Because Judge Dann was disqualified, the case was assigned to a new division and a hearing was had on Leslie's motion for new trial. After Judge Dann disqualified himself, that motion and the state's response were supplemented to clearly present the McDaniel issue to the new judge. On November 19, 1981, the court, in a minute entry order, set a new trial date which was vacated when the state filed this appeal. The case was transferred to this court by order of the chief justice on February 1, 1983. We have jurisdiction pursuant to 17A A.R.S.Sup.Ct.Rules, rule 47(e)(5). The sole issue we consider here is whether the trial court erred when it granted appellee's motion for a new trial. We affirm that ruling.
The determination of a motion for new trial lies within the sound discretion of the trial court, and we will not reverse its decision absent an affirmative showing of an abuse of that discretion. State v. Salinas, 129 Ariz. 364, 368, 631 P.2d 519, 523 (1981). In this case, circumstances placed the trial court in a situation where the law closely confined its discretion. In the first place, Judge Dann's contact with the victim's relatives mandated his disqualification from the case. State v. Valencia, supra. The judge realized this, spread the matter on the record and recused himself. Then the provisions of A.R.S. § 13-703(B), requiring that the trial judge conduct the sentencing proceedings, further confined the successor judge who ruled on the motion for new trial. State v. McDaniel, supra.
At the time the successor judge ruled, A.R.S. § 13-703(B) required the trial judge to conduct the presentence hearing, but he was without power to do so. In McDaniel, this court had ruled that the statute was unambiguous and required that the trial and sentencing proceedings be conducted by the same judge. Accordingly, we had remanded McDaniel for new trial.
The version of A.R.S. § 13-703(B) in effect at the time of Leslie's motion for a new trial was identical to the one construed in McDaniel.
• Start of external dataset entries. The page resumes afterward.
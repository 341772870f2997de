-- ===== src/Token/Solvency/Payout.antt =====
-- A decompounding leaves the supply backed by what the wrapper holds.
use native.Mathlib.Nat.{mul-le-mul_right}
use cavern_lsd_wrapper.Base.{
  ℕ, ◌+◌, ◌-◌, ◌*◌, ◌/◌, ◌≤◌, ◌<◌, ◌≡◌, Option, some, List, [], map, ok, Bool, inl, inr, ◌⊎◌, arith,
  Outcome-cases, Bool-cases, bind_succeeded, map_option, option_or, String, ContractResult, ◌>>=◌,
  subst, ltb, ensure, not, ◌==◌, nat_eq, ensure_succeeded, ◌>>◌, ContractError, std, generic_err,
  or_panic,
}
use cavern_lsd_wrapper.Std.{Addr, CosmosMsg, Env, MessageInfo, Response, SubMsg, sub_msg}
use cavern_lsd_wrapper.Std.Decimals.{Documented}
use cavern_lsd_wrapper.Basset.Wrapper.{AccruedRewards}
use cavern_lsd_wrapper.Deployment.{Deployment}
use cavern_lsd_wrapper.Custody.{Custody}
use cavern_lsd_wrapper.Cw20.{TokenInfo}
use cavern_lsd_wrapper.Pricing.Bounds.{spare_tokens, spare_tokens-backed}
use cavern_lsd_wrapper.Token.Store.{Store, WrapperState}
use cavern_lsd_wrapper.Token.Querier.{get_current_exchange_rate}
use cavern_lsd_wrapper.Token.Decompound.{
  set_aside_one, rewards_of, compute_accrued_rewards, execute_decompound, no_rewards_message,
}

module _ {I T S : Type 0} (p : Deployment I T S) (cap : ℕ)
    (doc : Documented p.host.decimals cap) where
  -- The steps after the spare tokens are known.
  abbrev pay_rewards : WrapperState → ℕ → ℕ → ContractResult AccruedRewards
  pay_rewards state luna n = set_aside_one p state luna n >>= λ x.
      or_panic (p.host.uint_mul x.0 1) >>= λ l.
      or_panic (p.host.uint_mul x.1 1) >>= λ k. ok (record { luna_rewards = l; lsd_rewards = k })

  abbrev spare_of : WrapperState → ℕ
  spare_of state =
      spare_tokens p.host.one state.lsd_exchange_rate state.lsd_balance state.wlsd_supply

  pay_rewards_ok :
      (state : WrapperState) (luna n : ℕ) (rewards : AccruedRewards)
      → pay_rewards state luna n ≡ ok rewards
      → rewards.lsd_rewards ≡ n - 1
  unfolding set_aside_one
  pay_rewards_ok state luna n rewards h =
      ground (arith, doc.uint_sub_law n 1, doc.uint_mul_law (n - 1) 1, doc.uint_mul_law n 1)

  spare_found :
      (state : WrapperState) (rewards : AccruedRewards)
      → rewards_of p state ≡ ok rewards
      → (0 < state.lsd_exchange_rate)
        × (pay_rewards state
              (state.backing_luna * 1 / p.host.one - state.wlsd_supply)
              (spare_of state)
            ≡ ok rewards)
  unfolding rewards_of
  spare_found state rewards h = ground (
    arith,
    doc.mul_uint_law state.backing_luna 1,
    doc.uint_sub_law (state.backing_luna * 1 / p.host.one) state.wlsd_supply,
    doc.from_ratio_law state.lsd_balance 1,
    doc.from_ratio_law state.wlsd_supply 1,
    doc.div_law (state.wlsd_supply * p.host.one) state.lsd_exchange_rate,
    doc.checked_sub_law (state.lsd_balance * p.host.one)
        (state.wlsd_supply * p.host.one * p.host.one / state.lsd_exchange_rate),
    doc.mul_uint_law
        (state.lsd_balance * p.host.one
          - state.wlsd_supply * p.host.one * p.host.one / state.lsd_exchange_rate)
        1,
  )

  module _ (s : Store T S) (env : Env) (cfg : T) (rate held : ℕ) (supply : S → ℕ)
      (has_config : s.lsd_config ≡ some cfg)
      (rated : p.hub.query_exchange_rate cfg p.host env ≡ ok rate)
      (holds : p.hub.get_balance cfg p.host env env.contract ≡ ok held)
      (supplied : (i : TokenInfo)
        → p.cw20.query_token_info s.cw20 ≡ ok i
        → i.total_supply ≡ supply s.cw20) where
    -- The state that the rewards are computed from.
    observed_state :
        (x : ℕ) (state : WrapperState)
        → get_current_exchange_rate p s env ≡ ok (x, state)
        → (state.lsd_exchange_rate ≡ rate)
          × (state.lsd_balance ≡ held)
          × (state.wlsd_supply ≡ supply s.cw20)
    unfolding get_current_exchange_rate
    observed_state x state h = elim (Outcome-cases (p.cw20.query_token_info s.cw20)) [
      | inl (i, e) ↦ ground (arith, supplied i e)
      | inr fails ↦ ground arith
    ]

    payout_computed :
        (rewards : AccruedRewards)
        → compute_accrued_rewards p s env ≡ ok rewards
        → (0 < rate) × (rewards.lsd_rewards ≡ spare_tokens p.host.one rate held (supply s.cw20) - 1)
    unfolding compute_accrued_rewards
    payout_computed rewards h =
        let above : ℕ × WrapperState → Bool = λ x. not (ltb x.0 p.host.one) in
        let below_one : ContractError = std (generic_err no_rewards_message) in
        let (x, e, h1) =
          bind_succeeded (get_current_exchange_rate p s env)
            (λ x. ensure (above x) below_one >> rewards_of p x.1) h in
        let h2 = (ensure_succeeded (above x) below_one (rewards_of p x.1) h1).1 in
        let (pos, tail) = spare_found x.1 rewards h2 in
        let paid : rewards.lsd_rewards ≡ spare_of x.1 - 1 =
          pay_rewards_ok x.1 _ (spare_of x.1) rewards tail in
        let (er, eh, es) = observed_state x.0 x.1 e in (rw (← er) pos, simp (er, eh, es) at paid)

    -- The messages pay out the spare tokens but one, or there are none.
    abbrev PaysSpare : Response → Type 0
    PaysSpare r =
        (r.messages ≡ [])
        ⊎ ((to : Addr) × (ms : List CosmosMsg) × (p.hub.send_funds cfg p.host env
                (spare_tokens p.host.one rate held (supply s.cw20) - 1) to
              ≡ ok ms)
            × (r.messages ≡ map sub_msg ms)
            × (0 < rate))

    paid_rewards :
        (to : Addr) (rewards : AccruedRewards) (ms : List CosmosMsg) (r : Response)
        → compute_accrued_rewards p s env ≡ ok rewards
        → p.hub.send_funds cfg p.host env rewards.lsd_rewards to ≡ ok ms
        → r.messages ≡ map sub_msg ms
        → PaysSpare r
    paid_rewards to rewards ms r computed sent carried =
        let (pos, paid) = payout_computed rewards computed in
        inr (to, ms, rw (← paid) sent, carried, pos)

    decompound_sends :
        (info : MessageInfo) (recipient : Option String) (s' : Store T S) (r : Response)
        → execute_decompound p s env info recipient ≡ ok (s', r)
        → (s' ≡ s) × PaysSpare r
    unfolding execute_decompound
    decompound_sends info recipient s' r h =
        elim (Outcome-cases (map_option p.host.addr_validate recipient)) [
          | inr fails ↦ ground arith
          | inl (v, ev) ↦ elim (Outcome-cases (compute_accrued_rewards p s env)) [
            | inr fails ↦ (ground arith, inl (ground arith))
            | inl (rewards, computed) ↦ elim (Bool-cases (rewards.lsd_rewards == 0)) [
              | inl nothing ↦ (ground arith, inl (ground arith))
              | inr some_left ↦
                  elim (Outcome-cases (
                    p.hub.send_funds cfg p.host env rewards.lsd_rewards
                      (option_or v info.sender))) [
                        | inr fails ↦ ground arith
                        | inl (ms, sent) ↦ (
                          ground arith,
                          paid_rewards (option_or v info.sender) rewards ms r computed sent
                              (ground arith),
                        )
                      ]
            ]
          ]
        ]

    -- A decompounding that succeeds keeps the storage, and its payment leaves the supply backed.
    pub decompound_backed :
        (custody : Custody p.hub cfg) (runs : custody.Runs p.host) (info : MessageInfo)
        (recipient : Option String) (s' : Store T S) (r : Response) (held' : ℕ)
        → execute_decompound p s env info recipient ≡ ok (s', r)
        → custody.After env info r.messages held held'
        → supply s.cw20 * p.host.one ≤ held * rate
        → (s' ≡ s) × (supply s.cw20 * p.host.one ≤ held' * rate)
    decompound_backed custody runs info recipient s' r held' h after backed =
        let (same, sends) = decompound_sends info recipient s' r h in
        (
          same,
          elim sends [
            | inl silent ↦
                let kept : held ≤ held' =
                  custody.keeps env info [] held held' custody.quiet_none (
                    subst (λ (l : List SubMsg). custody.After env info l held held') silent
                      after) in
                omega (arith, mul-le-mul_right rate kept)
            | inr (to, ms, sent, carried, pos) ↦
                let paid : ℕ = spare_tokens p.host.one rate held (supply s.cw20) - 1 in
                let left : held ≤ held' + paid =
                  custody.pays p.host env info paid to ms [] held held' runs custody.quiet_none sent
                    (subst (λ (l : List SubMsg). custody.After env info l held held') carried
                      after) in
                let safe : supply s.cw20 * p.host.one ≤ (held - paid) * rate =
                  spare_tokens-backed p.host.one rate held (supply s.cw20) doc.one_pos pos backed in
                let fewer : held - paid ≤ held' = omega arith in
                omega (arith, mul-le-mul_right rate fewer)
          ],
        )
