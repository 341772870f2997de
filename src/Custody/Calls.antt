-- ===== src/Custody/Calls.antt =====
-- A call of a wrapper that adds the messages of a deposit or a payment to those of the token library.
use cavern_lsd_wrapper.Base.{ℕ, ◌+◌, ◌≤◌, ◌≡◌, ◌≢◌, List, ok, subst, ◌++◌, map}
use cavern_lsd_wrapper.Std.{Addr, CosmosMsg, Env, MessageInfo, Response, sub_msg, add_messages}
use cavern_lsd_wrapper.Host.{Host}
use cavern_lsd_wrapper.LsdHub.Trait.{LsdHub}
use cavern_lsd_wrapper.Custody.{Custody}

module _ {I T : Type 0} (hub : LsdHub I T) (cfg : T) (custody : Custody hub cfg) (h : Host)
    (runs : custody.Runs h) (env : Env) (info : MessageInfo) (n : ℕ) (ms : List CosmosMsg)
    (library r : Response) (held held' : ℕ) (quiet : custody.Quiet library.messages)
    (sent : r ≡ add_messages ms library)
    (after : custody.After env info r.messages held held') where
  moved : custody.After env info (library.messages ++ map sub_msg ms) held held'
  moved = subst (λ (z : Response). custody.After env info z.messages held held') sent after

  pub deposit_received :
      info.sender ≢ env.contract
      → hub.deposit_funds cfg h env info n info.sender ≡ ok ms
      → held + n ≤ held'
  deposit_received stranger made =
      custody.deposits h env info n ms library.messages held held' runs stranger quiet made moved

  pub payment_left : (to : Addr) → hub.send_funds cfg h env n to ≡ ok ms → held ≤ held' + n
  payment_left to made =
      custody.pays h env info n to ms library.messages held held' runs quiet made moved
Accordingly, the successor judge followed the applicable law and granted a new trial.
Affirmed and remanded for new trial.
HOLOHAN, C.J., GORDON, V.C.J., and CAMERON and FELDMAN, JJ., concur.
NOTES
[1]  A.R.S. § 13-703(B), as in effect at all material times, read as follows:

B. When a defendant is found guilty of or pleads guilty to first degree murder as defined in § 13-1105, the judge who presided at the trial or before whom the guilty plea was entered shall conduct a separate sentencing hearing to determine the existence or nonexistence of the circumstances set forth in subsections F and G of this section, for the purpose of determining the sentence to be imposed. The hearing shall be conducted before the court alone.
This court notes that the statute has been amended by Laws 1982, ch. 238, § 2, and now permits a successor judge to conduct sentencing proceedings in the event of the death, resignation, incapacity or disqualification of the trial judge.